§ TASK DETAILS: In the lines below, look for "else". Copy each line where it appears.
════════════════════
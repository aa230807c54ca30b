-- ===== src/Tests/Maps.antt =====
-- A table of two buckets; the second holds the key 5 with the value 700.
use vt_mechanisms.Prelude.{
  ℕ, zero, suc, ◌≡◌, refl, ◌==◌, if◌then◌else◌, [], ◌∷◌, Option, none, some, ℤ, pos, arith,
  get_elem?, codes,
}
use vt_mechanisms.Heap.{Ptr, null, Heap, ok, fault}
use vt_mechanisms.Heap.Access.{Ends}
use vt_mechanisms.LinkedList.{Llist, equals}
use vt_mechanisms.LinkedList.Linked.{Cells, elem, IsList}
use vt_mechanisms.HashMap.{
  HashmapElem, Hashmap, HCmd, bucket_index, hmap_get_abs, hmap_put_abs, hmap_remove_abs,
}
use vt_mechanisms.Hash.{name_key}
use vt_mechanisms.HashMap.Chain.{Live, find}
use vt_mechanisms.HashMap.Update.{InBucket}
use vt_mechanisms.HashMap.Index.{bucket_index-name_key}
use vt_mechanisms.HashMap.{default_map_size}
use vt_mechanisms.Hash.{str_hash}
use vt_mechanisms.Word.{sign_bit}
use vt_mechanisms.Prelude.{◌⊎◌, ◌<◌}
use vt_mechanisms.HashMap.Map.{IsMap, lookup, hmap_get_abs_lem}
use vt_mechanisms.Prelude.{◌≢◌, true, false}
use vt_mechanisms.LinkedList.Linked.{has}
use vt_mechanisms.HashMap.{hmap_destroy}
use vt_mechanisms.HashMap.Separate.{holds}
use vt_mechanisms.HashMap.Separate.{Distinct}
use vt_mechanisms.HashMap.Destroy.{FreesAll}
use vt_mechanisms.HashMap.Destroy.{hmap_destroy_lem}
use vt_mechanisms.HashMap.Put.{IsPut, hmap_put_abs_lem}
use vt_mechanisms.HashMap.Remove.{renamed, hmap_remove_abs_lem, hmap_remove_abs-breaks}

abbrev five : HashmapElem
five = record { key = null; key_val = pos 5; value = 700; equals = null }

abbrev heap : Heap HashmapElem
heap = record {
  nodes = λ p. if p == 10 then some (elem 100 0 0) else none;
  items = λ p. if p == 100 then some five else none;
}

abbrev chain : ℕ → Ptr → Llist HashmapElem
chain n p = record { size = n; head = p; tail = p; equals = equals }

abbrev no_ints : Ptr → Option ℤ
no_ints p = none

abbrev table : Hashmap
table = record {
  head = chain 0 null ∷ chain 1 10 ∷ [];
  size = 2;
  hash = no_ints;
  key_comparer = λ p q. none;
}

abbrev cells : ℕ → Cells
cells zero = []
cells (suc zero) = (10, 100) ∷ []
cells (suc (suc i)) = []

left-IsList : IsList heap.nodes (chain 0 null) []
left-IsList = record { size = refl; head = refl; tail = refl; linked = tt }

right-IsList : IsList heap.nodes (chain 1 10) ((10, 100) ∷ [])
right-IsList = record {
  size = refl;
  head = refl;
  tail = refl;
  linked = (refl, ground arith, refl, tt);
}

chains-IsList :
    (i : ℕ) (l : Llist HashmapElem)
    → get_elem? table.head i ≡ some l
    → IsList heap.nodes l (cells i)
chains-IsList zero l e = let is : chain 0 null ≡ l = cc in rw is at left-IsList
chains-IsList (suc zero) l e = let is : chain 1 10 ≡ l = cc in rw is at right-IsList
chains-IsList (suc (suc i)) l e = cc

chains-Live : (i : ℕ) → Live (InBucket 2 i) heap.items (cells i)
unfolding bucket_index
chains-Live zero = tt
chains-Live (suc zero) = ((five, refl, refl), ground arith, tt)
chains-Live (suc (suc i)) = tt

table-IsMap : IsMap heap table cells
table-IsMap = record { full = refl; list = chains-IsList; live = chains-Live }

hmap_get_abs_example : hmap_get_abs table (pos 5) heap ≡ ok (lookup heap.items 2 cells (pos 5)) heap
unfolding bucket_index
hmap_get_abs_example = hmap_get_abs_lem heap table cells table-IsMap (pos 5) 1 refl

lookup_runs : lookup heap.items 2 cells (pos 5) ≡ 700
unfolding bucket_index
lookup_runs = refl

-- the key 7 is not in the table, but its bucket has an element
hmap_put_abs_example :
    Ends
      (hmap_put_abs 300 five 30 (elem 1 2 3) table (pos 7) 900 heap)
      (IsPut heap table cells (pos 7) 900 300 30)
unfolding bucket_index
hmap_put_abs_example =
    hmap_put_abs_lem heap table cells table-IsMap (pos 7) 1 refl 900 300 five (ground arith) refl 30
      (elem 1 2 3) (ground arith) refl

abbrev no_call : Ptr → Ptr → Ptr → HCmd ℤ
no_call f key1 key2 = λ _. fault

-- the hash of "poll"
poll_key : name_key (codes "poll") ≡ pos 1367072374
unfolding name_key
poll_key = refl

hmap_remove_abs_example :
    hmap_remove_abs table (pos 5) heap ≡ ok tt (renamed heap (find heap.items (pos 5) (cells 1)))
unfolding bucket_index
hmap_remove_abs_example = hmap_remove_abs_lem heap table cells table-IsMap (pos 5) 1 refl

hmap_remove_abs-breaks_example : ¬ IsMap (renamed heap (some (100, five))) table cells
unfolding bucket_index
hmap_remove_abs-breaks_example =
    hmap_remove_abs-breaks heap table cells table-IsMap (pos 5) 1 refl 100 five
      (renamed heap (some (100, five))) (ground arith) refl hmap_remove_abs_example cells

-- "poll" in the table of `init_func_times`
bucket_index-name_key_example :
    ((str_hash (codes "poll") ≡ sign_bit)
      × (bucket_index (name_key (codes "poll")) default_map_size ≡ none))
    ⊎ ((i : ℕ) × (bucket_index (name_key (codes "poll")) default_map_size ≡ some i)
        × (i < default_map_size))
bucket_index-name_key_example = bucket_index-name_key (codes "poll")

other_chain-has : (i j : ℕ) (a : Ptr) → i ≢ j → has a (cells i) ≡ true → has a (cells j) ≡ false
other_chain-has zero j a ne i = cc
other_chain-has (suc zero) zero a ne i = refl
other_chain-has (suc zero) (suc zero) a ne i = absurd (ne refl)
other_chain-has (suc zero) (suc (suc j)) a ne i = refl
other_chain-has (suc (suc k)) j a ne i = cc

other_chain-holds :
    (i j : ℕ) (a : Ptr) → i ≢ j → holds a (cells i) ≡ true → holds a (cells j) ≡ false
other_chain-holds zero j a ne i = cc
other_chain-holds (suc zero) zero a ne i = refl
other_chain-holds (suc zero) (suc zero) a ne i = absurd (ne refl)
other_chain-holds (suc zero) (suc (suc j)) a ne i = refl
other_chain-holds (suc (suc k)) j a ne i = cc

cells-Distinct : (i : ℕ) → Distinct (cells i)
cells-Distinct zero = tt
cells-Distinct (suc zero) = (tt, tt)
cells-Distinct (suc (suc i)) = tt

hmap_destroy_example : Ends (hmap_destroy table heap) (λ _ g. FreesAll heap g cells 2)
hmap_destroy_example =
    hmap_destroy_lem heap table cells table-IsMap
      (record { nodes = other_chain-has; items = other_chain-holds; distinct = cells-Distinct })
════════════════════
§ RESPONSE TO THIS EXERCISE:
  ℕ, zero, suc, ◌≡◌, refl, ◌==◌, if◌then◌else◌, [], ◌∷◌, Option, none, some, ℤ, pos, arith,
  nodes = λ p. if p == 10 then some (elem 100 0 0) else none;
  items = λ p. if p == 100 then some five else none;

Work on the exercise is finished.